Lol, yes that's the next step to staple all wires. Unfortunately cant argue with him. If he doesnt sign permit for rough, then I would be screwed even more, he will be checking lights at final now. Traffic these days is ridiculous, takes 1.5 hours to get to the job in the morning for inspection and then wait 1 hour and head back.


----------



## HackWork

kolyan2k said:


> Yes, that's basically what I am forced to do in many situations...thanks to these nonsense rules. But on this particular job contractor decided to keep old ceiling and renovate everything else....so pretty much it's a complete new work renovation except for ceiling


Don't let the GC stand in your way of passing inspections for his own benefit.
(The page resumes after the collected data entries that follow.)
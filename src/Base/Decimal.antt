-- ===== src/Base/Decimal.antt =====
-- Decimal numbers as the code prints and reads them: `itoa`/`Display` of an unsigned integer, and
-- `str::parse` to an integer of a bounded width (the standard library's `from_str`).
use Prim.Native.Nat.{ℕ, zero, suc, ◌+◌, ◌-◌, ◌*◌, ◌/◌, ◌%◌, ◌≤◌, ◌<◌}
use mathlib.Core.Path.{◌≡◌, refl, ◌∙◌}
use mathlib.Core.List.{[], ◌∷◌, ◌++◌}
use mathlib.Core.Bool.{Bool, true, ◌&&◌}
use mathlib.Core.Logic.{inl, inr}
use mathlib.Core.Option.{Option, none, some}
use native.Mathlib.Omega.{arith}
use redis_rs.Base.Tests.{leb, ltb, ◌==◌, if◌then◌else◌, Bool-cases}
use redis_rs.Base.ByteStrings.{Bytes, codes}

-- The digits of `n`, most significant first; `n + 1` rounds are enough.
unfoldable pub to_decimal_from : ℕ → ℕ → Bytes
to_decimal_from zero n = []
to_decimal_from (suc f) n =
    let more = to_decimal_from f (n / 10) ++ ((b'0' + n % 10) ∷ []) in
    if ltb n 10 then (b'0' + n) ∷ [] else more

unfoldable pub to_decimal : ℕ → Bytes
unfolding to_decimal_from
to_decimal n = to_decimal_from (suc n) n

unfoldable pub is_digit : ℕ → Bool
is_digit c = leb b'0' c && leb c b'9'

-- The digits of a number of at most `max`; any other byte, or a larger value, is an error.
unfoldable pub parse_digits : ℕ → ℕ → Bytes → Option ℕ
unfolding is_digit
parse_digits max acc [] = some acc
parse_digits max acc (c ∷ cs) =
    let rest = parse_digits max (acc * 10 + (c - b'0')) cs in
    if is_digit c && leb (acc * 10 + (c - b'0')) max then rest else none

-- `s.parse::<uN>()` with `max` the type's largest value: one leading `+` is allowed.
unfoldable pub parse_unsigned : ℕ → Bytes → Option ℕ
unfolding parse_digits
parse_unsigned max [] = none
parse_unsigned max (c ∷ []) = parse_digits max 0 (c ∷ [])
parse_unsigned max (c ∷ d ∷ cs) =
    let signed = parse_digits max 0 (d ∷ cs) in
    let plain = parse_digits max 0 (c ∷ d ∷ cs) in if c == b'+' then signed else plain

bind_digits : ℕ → Bytes → Option ℕ → Option ℕ
bind_digits max ys none = none
bind_digits max ys (some a) = parse_digits max a ys

parse_digits-append :
    (max acc : ℕ) (xs ys : Bytes)
    → parse_digits max acc (xs ++ ys) ≡ bind_digits max ys (parse_digits max acc xs)
unfolding parse_digits bind_digits
parse_digits-append max acc [] ys = refl
parse_digits-append max acc (c ∷ xs) ys =
    ground (arith, parse_digits-append max (acc * 10 + (c - b'0')) xs ys)

parse_digits-to_decimal_from :
    (max f n : ℕ) → n < f → n ≤ max → parse_digits max 0 (to_decimal_from f n) ≡ some n
unfolding to_decimal_from
parse_digits-to_decimal_from max zero n h m = elim h [ ]
parse_digits-to_decimal_from max (suc f) n h m = elim (Bool-cases (ltb n 10)) [
  | inl small ↦ rw small (unfold parse_digits in ground arith)
  | inr large ↦
      rw
        (
          large,
          parse_digits-append max 0 (to_decimal_from f (n / 10)) _,
          parse_digits-to_decimal_from max f (n / 10) (ground arith) (omega arith),
        )
        (unfold parse_digits bind_digits in ground arith)
]

pub data IsDigits : Bytes → Type 0 where
  one : (c : ℕ) → is_digit c ≡ true → IsDigits (c ∷ [])
  more : (c : ℕ) (cs : Bytes) → is_digit c ≡ true → IsDigits cs → IsDigits (c ∷ cs)

IsDigits-append : (xs ys : Bytes) → IsDigits xs → IsDigits ys → IsDigits (xs ++ ys)
IsDigits-append xs ys (one c h) k = more c ys h k
IsDigits-append xs ys (more c cs h r) k = more c (cs ++ ys) h (IsDigits-append cs ys r k)

to_decimal_from-IsDigits : (f n : ℕ) → n < f → IsDigits (to_decimal_from f n)
unfolding to_decimal_from
to_decimal_from-IsDigits zero n h = elim h [ ]
to_decimal_from-IsDigits (suc f) n h = elim (Bool-cases (ltb n 10)) [
  | inl small ↦ rw small (one (b'0' + n) (unfold is_digit in ground arith))
  | inr large ↦ rw large (
      IsDigits-append _ _ (to_decimal_from-IsDigits f (n / 10) (ground arith))
        (one (b'0' + n % 10) (unfold is_digit in ground arith)))
]

pub to_decimal-IsDigits : (n : ℕ) → IsDigits (to_decimal n)
unfolding to_decimal
to_decimal-IsDigits n = to_decimal_from-IsDigits (suc n) n (omega arith)

parse_unsigned-digits :
    (max : ℕ) (xs : Bytes) → IsDigits xs → parse_unsigned max xs ≡ parse_digits max 0 xs
unfolding parse_unsigned is_digit
parse_unsigned-digits max xs (one c h) = refl
parse_unsigned-digits max xs (more c cs h (one d k)) = ground arith
parse_unsigned-digits max xs (more c cs h (more d ds k r)) = ground arith

pub parse_digits-to_decimal : (max n : ℕ) → n ≤ max → parse_digits max 0 (to_decimal n) ≡ some n
unfolding to_decimal
parse_digits-to_decimal max n h = parse_digits-to_decimal_from max (suc n) n (omega arith) h

-- What was printed is read back, if it fits the type.
pub parse_unsigned-to_decimal : (max n : ℕ) → n ≤ max → parse_unsigned max (to_decimal n) ≡ some n
parse_unsigned-to_decimal max n h =
    parse_unsigned-digits max (to_decimal n) (to_decimal-IsDigits n)
    ∙ parse_digits-to_decimal max n h

to_decimal_test : to_decimal 16384 ≡ codes "16384"
unfolding to_decimal
to_decimal_test = refl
If the inspector wants the driver supported, cut a hole in the ceiling for access to attach the driver.


----------



## mofos be cray

HackWork said:


> kolyan2k said:
> 
> 
> 
> Yes, that's basically what I am forced to do in many situations...thanks to these nonsense rules. But on this particular job contractor decided to keep old ceiling and renovate everything else....so pretty much it's a complete new work renovation except for ceiling
> 
> 
> 
> 
> Don't let the GC stand in your way of passing inspections for his own benefit. If the inspector wants the driver supported, cut a hole in the ceiling for access to attach the driver.
Click to expand...

Probably worried asbestos might be in the one of the layers of drywall on the ceiling. I would put good money that that is the reason the gc didn't pull the ceiling.


----------



## Kevin

mofos be cray said:


> Probably worried asbestos might be in the one of the layers of drywall on the ceiling. I would put good money that that is the reason the gc didn't pull the ceiling.


Did I hear "extra"?

Tell the GC you need the ceiling opened to mount the drivers as per the electrical inspectors requirements. If he isn't willing to do it, let him know you can do it yourself and tack on some extra costs. 
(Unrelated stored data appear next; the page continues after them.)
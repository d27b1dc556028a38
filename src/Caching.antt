-- ===== src/Caching.antt =====
-- Client-side caching: redis/src/caching. Lru: the `lru` crate, as an interface. Shards: sharded_lru.rs
-- and statistics.rs. An `Instant` and a `Duration` are numbers of milliseconds, without bound.
pub mod Lru
pub mod Shards
pub mod Items
pub mod Changes
pub mod History
pub mod Reads
pub mod Counts
pub mod Manager
pub mod Commands
pub mod Prepare
pub mod Merge
pub mod Prepared
pub mod Sent
pub mod Answers
pub mod Served
pub mod Reuse
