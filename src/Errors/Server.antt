-- ===== src/Errors/Server.antt =====
-- redis/src/errors/server_error.rs: the errors that a server sends, and what to do about each;
-- and `err_parser` of redis/src/parser.rs, which reads them.
use redis_rs.Base.{
  ℕ, ap, ◌∙◌, ◌≡◌, refl, Bool, true, false, not, Option, none, some, [], ◌∷◌, ◌++◌, Bytes, codes,
  bytes_eq, if◌then◌else◌, ◌==◌,
}

pub data ServerErrorKind : Type 0 where
  response_error exec_abort busy_loading no_script moved ask try_again cluster_down cross_slot
        master_down read_only not_busy no_sub no_perm :
      ServerErrorKind

pub data RetryMethod : Type 0 where
  reconnect no_retry retry_immediately wait_and_retry ask_redirect moved_redirect
        reconnect_from_initial_connections refresh_slots_and_retry :
      RetryMethod

unfoldable pub kind_code : ServerErrorKind → Bytes
kind_code response_error = codes "ERR"
kind_code exec_abort = codes "EXECABORT"
kind_code busy_loading = codes "LOADING"
kind_code no_script = codes "NOSCRIPT"
kind_code moved = codes "MOVED"
kind_code ask = codes "ASK"
kind_code try_again = codes "TRYAGAIN"
kind_code cluster_down = codes "CLUSTERDOWN"
kind_code cross_slot = codes "CROSSSLOT"
kind_code master_down = codes "MASTERDOWN"
kind_code read_only = codes "READONLY"
kind_code not_busy = codes "NOTBUSY"
kind_code no_sub = codes "NOSUB"
kind_code no_perm = codes "NOPERM"

-- `ServerErrorKind::retry_method`.
unfoldable pub kind_retry_method : ServerErrorKind → RetryMethod
kind_retry_method moved = moved_redirect
kind_retry_method ask = ask_redirect
kind_retry_method try_again = wait_and_retry
kind_retry_method master_down = wait_and_retry
kind_retry_method cluster_down = wait_and_retry
kind_retry_method busy_loading = wait_and_retry
kind_retry_method read_only = refresh_slots_and_retry
kind_retry_method response_error = no_retry
kind_retry_method exec_abort = no_retry
kind_retry_method no_script = no_retry
kind_retry_method cross_slot = no_retry
kind_retry_method not_busy = no_retry
kind_retry_method no_sub = no_retry
kind_retry_method no_perm = no_retry

-- `ServerError` wraps `Repr`; this is both.
pub data ServerError : Type 0 where
  extension : Bytes → Option Bytes → ServerError
  known : ServerErrorKind → Option Bytes → ServerError

unfoldable pub kind : ServerError → Option ServerErrorKind
kind (extension c d) = none
kind (known k d) = some k

unfoldable pub code : ServerError → Bytes
unfolding kind_code
code (extension c d) = c
code (known k d) = kind_code k

unfoldable pub details : ServerError → Option Bytes
details (extension c d) = d
details (known k d) = d

abbrev pub is_no_retry : RetryMethod → Bool
is_no_retry no_retry = true
is_no_retry _ = false

-- `self.kind().map(|kind| kind.retry_method()).unwrap_or(RetryMethod::NoRetry)`
retry_or_none : Option ServerErrorKind → RetryMethod
retry_or_none none = no_retry
retry_or_none (some k) = kind_retry_method k

unfoldable pub requires_action : ServerError → Bool
unfolding kind kind_retry_method retry_or_none
requires_action e = not (is_no_retry (retry_or_none (kind e)))

-- `line.splitn(2, ' ')`: what stands before the first space, and what follows it, if there is one.
unfoldable pub split_first : ℕ → Bytes → Bytes × Option Bytes
split_first sep [] = ([], none)
split_first sep (c ∷ cs) =
    let (before, after) = split_first sep cs in
    if c == sep then ([], some cs) else (c ∷ before, after)

-- The `match` of `err_parser` on the first piece.
unfoldable pub kind_of_code : Bytes → Option ServerErrorKind
unfolding bytes_eq
kind_of_code c =
    if bytes_eq c (codes "ERR")
    then some response_error
    else if bytes_eq c (codes "EXECABORT")
    then some exec_abort
    else if bytes_eq c (codes "LOADING")
    then some busy_loading
    else if bytes_eq c (codes "NOSCRIPT")
    then some no_script
    else if bytes_eq c (codes "MOVED")
    then some moved
    else if bytes_eq c (codes "ASK")
    then some ask
    else if bytes_eq c (codes "TRYAGAIN")
    then some try_again
    else if bytes_eq c (codes "CLUSTERDOWN")
    then some cluster_down
    else if bytes_eq c (codes "CROSSSLOT")
    then some cross_slot
    else if bytes_eq c (codes "MASTERDOWN")
    then some master_down
    else if bytes_eq c (codes "READONLY")
    then some read_only
    else if bytes_eq c (codes "NOTBUSY")
    then some not_busy
    else if bytes_eq c (codes "NOSUB")
    then some no_sub
    else if bytes_eq c (codes "NOPERM")
    then some no_perm
    else none

unfoldable pub server_error : Option ServerErrorKind → Bytes → Option Bytes → ServerError
server_error none head detail = extension head detail
server_error (some k) head detail = known k detail

unfoldable pub err_parser : Bytes → ServerError
unfolding split_first kind_of_code server_error
err_parser line =
    let (head, detail) = split_first b' ' line in server_error (kind_of_code head) head detail

pub kind_of_code-kind_code : (k : ServerErrorKind) → kind_of_code (kind_code k) ≡ some k
unfolding kind_of_code kind_code
kind_of_code-kind_code response_error = refl
kind_of_code-kind_code _ = refl

split_first-kind_code :
    (k : ServerErrorKind) (d : Bytes)
    → (split_first b' ' (kind_code k) ≡ (kind_code k, none))
      × (split_first b' ' (kind_code k ++ b' ' ∷ d) ≡ (kind_code k, some d))
unfolding split_first kind_code
split_first-kind_code response_error d = (refl, refl)
split_first-kind_code _ d = (refl, refl)

-- The line that a server sends for an error: its code, and a space and the detail if there is one.
unfoldable pub error_line : ServerError → Bytes
unfolding code details
error_line e = elim (details e) [ none ↦ code e | some d ↦ code e ++ b' ' ∷ d ]

-- The line of a known error is read as that error, its detail kept whole (spaces included).
pub err_parser-error_line :
    (k : ServerErrorKind) (detail : Option Bytes)
    → err_parser (error_line (known k detail)) ≡ known k detail
unfolding error_line err_parser
err_parser-error_line k none =
    ap (λ p. server_error (kind_of_code p.0) p.0 p.1) (split_first-kind_code k []).0
    ∙ ap (λ o. server_error o (kind_code k) none) (kind_of_code-kind_code k)
err_parser-error_line k (some d) =
    ap (λ p. server_error (kind_of_code p.0) p.0 p.1) (split_first-kind_code k d).1
    ∙ ap (λ o. server_error o (kind_code k) (some d)) (kind_of_code-kind_code k)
Sent from my new phone. Autocorrect may have changed stuff.


----------



## kolyan2k

GCs don't pull the ceilings simply because its lots off demo, old insulation comes out, and then need to install new ceiling


----------



## kolyan2k

I just finished another job, we had to bury driver boxes in ceiling because ceiling construction and fire blocking required by code was so much in the way of lights, it was impossible to slide the box inside through 4inch hole. Both customer and contractor said they want it done this way because otherwise lights would not be centered


----------



## HackWork

kolyan2k said:


> I just finished another job, we had to bury driver boxes in ceiling because ceiling construction and fire blocking required by code was so much in the way of lights, it was impossible to slide the box inside through 4inch hole. Both customer and contractor said they want it done this way because otherwise lights would not be centered


In those situations I will install the drivers in the holes of other lights and run low voltage cable over tot he lights that have framing in the way.


----------



## 99cents

kolyan2k said:


> GCs don't pull the ceilings simply because its lots off demo, old insulation comes out, and then need to install new ceiling


Depends entirely on the job.


----------



## kolyan2k

How much do you guys charge per light for labor for old work and new?
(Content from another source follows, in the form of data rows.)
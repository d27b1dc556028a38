-- ===== src/Errors/Redis.antt =====
-- redis/src/errors/redis_error.rs: the library's error type and its classification.
use redis_rs.Base.{
  ℕ, Bool, true, false, String, Option, none, some, List, [], ◌∷◌, Bytes, ◌||◌, if◌then◌else◌, ◌==◌,
  parse_unsigned,
}
use redis_rs.Errors.Server.{
  ServerErrorKind, exec_abort, moved, ask, try_again, cluster_down, RetryMethod, reconnect,
  no_retry, retry_immediately, wait_and_retry, reconnect_from_initial_connections, ask_redirect,
  moved_redirect, refresh_slots_and_retry, kind_retry_method, ServerError,
}
use redis_rs.Errors.Server

pub data ErrorKind : Type 0 where
  parse authentication_failed unexpected_return_type invalid_client_config io client extension
        master_name_not_found_by_sentinel no_valid_replicas_found_by_sentinel empty_sentinel_list
        cluster_connection_not_found resp3_not_supported :
      ErrorKind
  server : ServerErrorKind → ErrorKind

-- `std::io::ErrorKind`: the kinds that the code tells apart.
pub data IoErrorKind : Type 0 where
  broken_pipe connection_reset connection_refused connection_aborted unexpected_eof not_connected
        not_found permission_denied unsupported timed_out would_block other :
      IoErrorKind

-- `ErrorRepr`. An `Internal` error holds a boxed error: the kind that `downcast_ref` finds in it, if
-- it is an `io::Error`.
pub data RedisError : Type 0 where
  general : ErrorKind → String → Option Bytes → RedisError
  internal : ErrorKind → Option IoErrorKind → RedisError
  parsing : Bytes → RedisError
  server : ServerError → RedisError
  pipeline : List (ℕ × ServerError) → RedisError
  transaction_aborted : List (ℕ × ServerError) → RedisError

kind_or_extension : Option ServerErrorKind → ErrorKind
kind_or_extension none = extension
kind_or_extension (some k) = server k

-- `RedisError::kind`.
unfoldable pub kind : RedisError → ErrorKind
unfolding kind_or_extension Server.kind
kind (general k desc detail) = k
kind (internal k err) = k
kind (parsing desc) = parse
kind (server err) = kind_or_extension (Server.kind err)
kind (pipeline []) = extension
kind (pipeline ((i, err) ∷ items)) = kind_or_extension (Server.kind err)
kind (transaction_aborted items) = server exec_abort

-- `RedisError::detail`.
unfoldable pub detail : RedisError → Option Bytes
unfolding Server.details
detail (general k desc d) = d
detail (parsing desc) = some desc
detail (server err) = Server.details err
detail _ = none

-- `RedisError::as_io_error`, up to the kind of that error.
unfoldable pub as_io_error : RedisError → Option IoErrorKind
as_io_error (internal k err) = err
as_io_error _ = none

unfoldable pub is_io_error : RedisError → Bool
unfolding kind
is_io_error e = elim (kind e) [ io ↦ true | _ ↦ false ]

unfoldable pub is_cluster_error : RedisError → Bool
unfolding kind
is_cluster_error e = elim (kind e) [
  | server k ↦ elim k [
    | moved ↦ true
    | ask ↦ true
    | try_again ↦ true
    | cluster_down ↦ true
    | _ ↦ false
  ]
  | _ ↦ false
]

dropped_kind : Option IoErrorKind → Bool
dropped_kind (some broken_pipe) = true
dropped_kind (some connection_reset) = true
dropped_kind (some connection_refused) = true
dropped_kind (some connection_aborted) = true
dropped_kind (some unexpected_eof) = true
dropped_kind (some not_connected) = true
dropped_kind (some not_found) = true
dropped_kind _ = false

-- `RedisError::is_connection_dropped`.
unfoldable pub is_connection_dropped : RedisError → Bool
unfolding dropped_kind
is_connection_dropped (general k desc d) = elim k [ io ↦ true | _ ↦ false ]
is_connection_dropped (internal k err) = dropped_kind err
is_connection_dropped _ = false

-- `RedisError::is_timeout`.
unfoldable pub is_timeout : RedisError → Bool
unfolding as_io_error
is_timeout e = elim (as_io_error e) [
  | none ↦ false
  | some k ↦ elim k [ timed_out ↦ true | would_block ↦ true | _ ↦ false ]
]

io_retry_method : Option IoErrorKind → RetryMethod
io_retry_method none = no_retry
io_retry_method (some permission_denied) = no_retry
io_retry_method (some unsupported) = no_retry
io_retry_method (some _) = retry_immediately

-- The `match` of `RedisError::retry_method` on the kind.
retry_method_of : ErrorKind → RedisError → RetryMethod
retry_method_of (server k) e = kind_retry_method k
retry_method_of master_name_not_found_by_sentinel e = wait_and_retry
retry_method_of no_valid_replicas_found_by_sentinel e = wait_and_retry
retry_method_of extension e = no_retry
retry_method_of unexpected_return_type e = no_retry
retry_method_of invalid_client_config e = no_retry
retry_method_of client e = no_retry
retry_method_of empty_sentinel_list e = no_retry
retry_method_of resp3_not_supported e = no_retry
retry_method_of parse e = reconnect
retry_method_of authentication_failed e = reconnect
retry_method_of cluster_connection_not_found e = reconnect_from_initial_connections
retry_method_of io e =
    if is_connection_dropped e then reconnect else io_retry_method (as_io_error e)

-- `RedisError::retry_method`.
unfoldable pub retry_method : RedisError → RetryMethod
unfolding kind kind_retry_method is_connection_dropped as_io_error io_retry_method retry_method_of
retry_method e = retry_method_of (kind e) e

-- `RedisError::is_unrecoverable_error`.
unfoldable pub is_unrecoverable_error : RedisError → Bool
unfolding retry_method
is_unrecoverable_error e = elim (retry_method e) [
  | reconnect ↦ true
  | reconnect_from_initial_connections ↦ true
  | no_retry ↦ false
  | retry_immediately ↦ false
  | wait_and_retry ↦ false
  | ask_redirect ↦ false
  | moved_redirect ↦ false
  | refresh_slots_and_retry ↦ false
]

unfoldable pub is_whitespace : ℕ → Bool
is_whitespace c = c == 0x20 || (c == 0x09 || (c == 0x0a || (c == 0x0c || c == 0x0d)))

-- A word that ends here, in front of those behind it; an empty one is dropped.
unfoldable pub push_word : Bytes → List Bytes → List Bytes
push_word [] words = words
push_word (c ∷ cs) words = (c ∷ cs) ∷ words

-- One step of the splitting, from the right: `c` in front of the word that begins there, and the words
-- behind it.
unfoldable pub split_step : ℕ → Bytes × List Bytes → Bytes × List Bytes
unfolding push_word is_whitespace
split_step c (word, words) =
    if is_whitespace c then ([], push_word word words) else (c ∷ word, words)

unfoldable pub split_words : Bytes → Bytes × List Bytes
unfolding split_step
split_words [] = ([], [])
split_words (c ∷ cs) = split_step c (split_words cs)

-- `str::split_ascii_whitespace`.
unfoldable pub split_ascii_whitespace : Bytes → List Bytes
unfolding split_words
split_ascii_whitespace s = let (word, words) = split_words s in push_word word words

-- The largest `u16`.
abbrev pub u16_max : ℕ
u16_max = 65535

-- `let slot_id = iter.next()?.parse().ok()?; let addr = iter.next()?;`
unfoldable pub redirect_words : List Bytes → Option (Bytes × ℕ)
redirect_words (slot ∷ addr ∷ rest) = elim (parse_unsigned u16_max slot) [
  | none ↦ none
  | some id ↦ some (addr, id)
]
redirect_words _ = none

is_redirect_kind : ErrorKind → Bool
is_redirect_kind (server ask) = true
is_redirect_kind (server moved) = true
is_redirect_kind _ = false

redirect_detail : Option Bytes → Option (Bytes × ℕ)
redirect_detail none = none
redirect_detail (some d) = redirect_words (split_ascii_whitespace d)

-- `RedisError::redirect_node`: the address and the slot.
unfoldable pub redirect_node : RedisError → Option (Bytes × ℕ)
unfolding kind detail split_ascii_whitespace redirect_words is_redirect_kind redirect_detail
redirect_node e = if is_redirect_kind (kind e) then redirect_detail (detail e) else none
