-- ===== src/Value/Integer.antt =====
-- `i64`: the standard library's signed 64-bit integers. Values are kept in range by those who make
-- them; an operation that could leave the range says what the code does then.
use redis_rs.Base.{
  ℕ, zero, suc, ◌+◌, ◌-◌, ◌%◌, Bool, true, false, Option, none, some, [], ◌∷◌, Bytes, leb, ◌==◌,
  if◌then◌else◌, parse_digits, ◌≤◌,
}

-- `negsuc n` is -(n + 1).
pub data ℤ : Type 0 where
  pos : ℕ → ℤ
  negsuc : ℕ → ℤ

abbrev pub i64_max : ℕ
i64_max = 9223372036854775807

-- `i64::MIN` is -2^63, `negsuc i64_max`.
abbrev pub IsI64 : ℤ → Type 0
IsI64 (pos n) = n ≤ i64_max
IsI64 (negsuc n) = n ≤ i64_max

unfoldable pub leb_ℤ : ℤ → ℤ → Bool
leb_ℤ (pos a) (pos b) = leb a b
leb_ℤ (pos a) (negsuc b) = false
leb_ℤ (negsuc a) (pos b) = true
leb_ℤ (negsuc a) (negsuc b) = leb b a

-- `std::cmp::min(a, b)`.
unfoldable pub min_ℤ : ℤ → ℤ → ℤ
unfolding leb_ℤ
min_ℤ a b = if leb_ℤ a b then a else b

-- -(n): the value of a `-` sign before a magnitude.
unfoldable pub negate : ℕ → ℤ
negate zero = pos 0
negate (suc n) = negsuc n

-- a - b.
unfoldable pub sub_ℕ : ℕ → ℕ → ℤ
sub_ℕ a b = if leb b a then pos (a - b) else negsuc (b - a - 1)

infixl 65 ◌+ℤ◌
unfoldable pub ◌+ℤ◌ : ℤ → ℤ → ℤ
unfolding sub_ℕ
pos a +ℤ pos b = pos (a + b)
pos a +ℤ negsuc b = sub_ℕ a (suc b)
negsuc a +ℤ pos b = sub_ℕ b (suc a)
negsuc a +ℤ negsuc b = negsuc (suc (a + b))

unfoldable pub in_i64 : ℤ → Bool
in_i64 (pos n) = leb n i64_max
in_i64 (negsuc n) = leb n i64_max

-- `n as u16`, `n as usize` on a 64-bit target: the low bits in two's complement, `m` being 2^bits.
unfoldable pub as_unsigned : ℕ → ℤ → ℕ
as_unsigned m (pos n) = n % m
as_unsigned m (negsuc n) = m - 1 - (n % m)

unfoldable pub signed_digits : Bool → Bytes → Option ℤ
signed_digits true digits = elim (parse_digits i64_max 0 digits) [
  | none ↦ none
  | some n ↦ some (pos n)
]
signed_digits false digits = elim (parse_digits (i64_max + 1) 0 digits) [
  | none ↦ none
  | some n ↦ some (negate n)
]

-- `s.parse::<i64>()`: an optional sign, then at least one digit, within the range.
unfoldable pub parse_i64 : Bytes → Option ℤ
unfolding parse_digits signed_digits negate
parse_i64 [] = none
parse_i64 (c ∷ []) = signed_digits true (c ∷ [])
parse_i64 (c ∷ d ∷ cs) =
    if c == b'+'
    then signed_digits true (d ∷ cs)
    else if c == b'-'
    then signed_digits false (d ∷ cs)
    else signed_digits true (c ∷ d ∷ cs)
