-- ===== src/Value/Defs.antt =====
-- `Value`, `PushKind`, `VerbatimFormat` of redis/src/types.rs, and the results of fallible code.
use redis_rs.Base.{ℕ, suc, Bool, Bytes, List, [], ◌∷◌, ◌≡◌, refl, ap}
use redis_rs.Errors.Server.{ServerError}
use redis_rs.Errors.Redis.{RedisError}
use redis_rs.Value.Integer.{ℤ}

-- `RedisResult`, with one more case for a panic (an assertion or an index out of bounds).
pub data Outcome {ℓ} (A : Type ℓ) : Type ℓ where
  ok : A → Outcome A
  err : RedisError → Outcome A
  panicked : Outcome A

infixl 5 ◌>>=◌
abbrev pub ◌>>=◌ {ℓ κ} : {A : Type ℓ} {B : Type κ} → Outcome A → (A → Outcome B) → Outcome B
ok a >>= f = f a
err e >>= f = err e
panicked >>= f = panicked

pub data VerbatimFormat : Type 0 where
  unknown : Bytes → VerbatimFormat
  markdown text : VerbatimFormat

pub data PushKind : Type 0 where
  disconnection : PushKind
  other : Bytes → PushKind
  invalidate message pmessage smessage unsubscribe punsubscribe sunsubscribe subscribe psubscribe
        ssubscribe :
      PushKind

-- `Values` is `Vec<Value>` and `Pairs` is `Vec<(Value, Value)>`. A `Double` is kept as the 64 bits of
-- its `f64`.
mutual
  pub data Value : Type 0 where
    nil : Value
    int : ℤ → Value
    bulk_string : Bytes → Value
    array : Values → Value
    simple_string : Bytes → Value
    okay : Value
    map : Pairs → Value
    attribute : Value → Pairs → Value
    set : Values → Value
    double : ℕ → Value
    boolean : Bool → Value
    verbatim_string : VerbatimFormat → Bytes → Value
    big_number : Bytes → Value
    push : PushKind → Values → Value
    server_error : ServerError → Value

  pub data Values : Type 0 where
    end : Values
    item : Value → Values → Values

  pub data Pairs : Type 0 where
    end_pairs : Pairs
    pair : Value → Value → Pairs → Pairs

unfoldable pub to_list : Values → List Value
to_list end = []
to_list (item v vs) = v ∷ to_list vs

unfoldable pub of_list : List Value → Values
of_list [] = end
of_list (v ∷ vs) = item v (of_list vs)

pub to_list-of_list : (vs : List Value) → to_list (of_list vs) ≡ vs
unfolding to_list of_list
to_list-of_list [] = refl
to_list-of_list (v ∷ vs) = ap (◌∷◌ v) (to_list-of_list vs)

unfoldable pub length_values : Values → ℕ
length_values end = 0
length_values (item v vs) = suc (length_values vs)

unfoldable pub length_pairs : Pairs → ℕ
length_pairs end_pairs = 0
length_pairs (pair k v ps) = suc (length_pairs ps)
I mean I guess everything is doable but at what cost. I dont know about you, but I feel like construction jobs haven't increased in salary in recent years compared to other office jobs. 
I remember many years ago my dad used to charge people 80 per hour on small pay per hour jobs, and today when I tell customers I charge 80-90....many say I am crazy and find someone else. Meanwhile when I finished college, tech jobs paid 80k per year, today my buddy from same college makes 140k-150k


----------



## HackWork

kolyan2k said:


> I remember many years ago my dad used to charge people 80 per hour on small pay per hour jobs, and today when I tell customers *I charge 80-90....many say I am crazy and find someone else*.


First, find new customers. 

Second, don't tell them your hourly rate, price the entire job.

I guarantee if I told my customers what their job broke down to hourly, I would lose half of them. And the remaining half wouldn't be very happy.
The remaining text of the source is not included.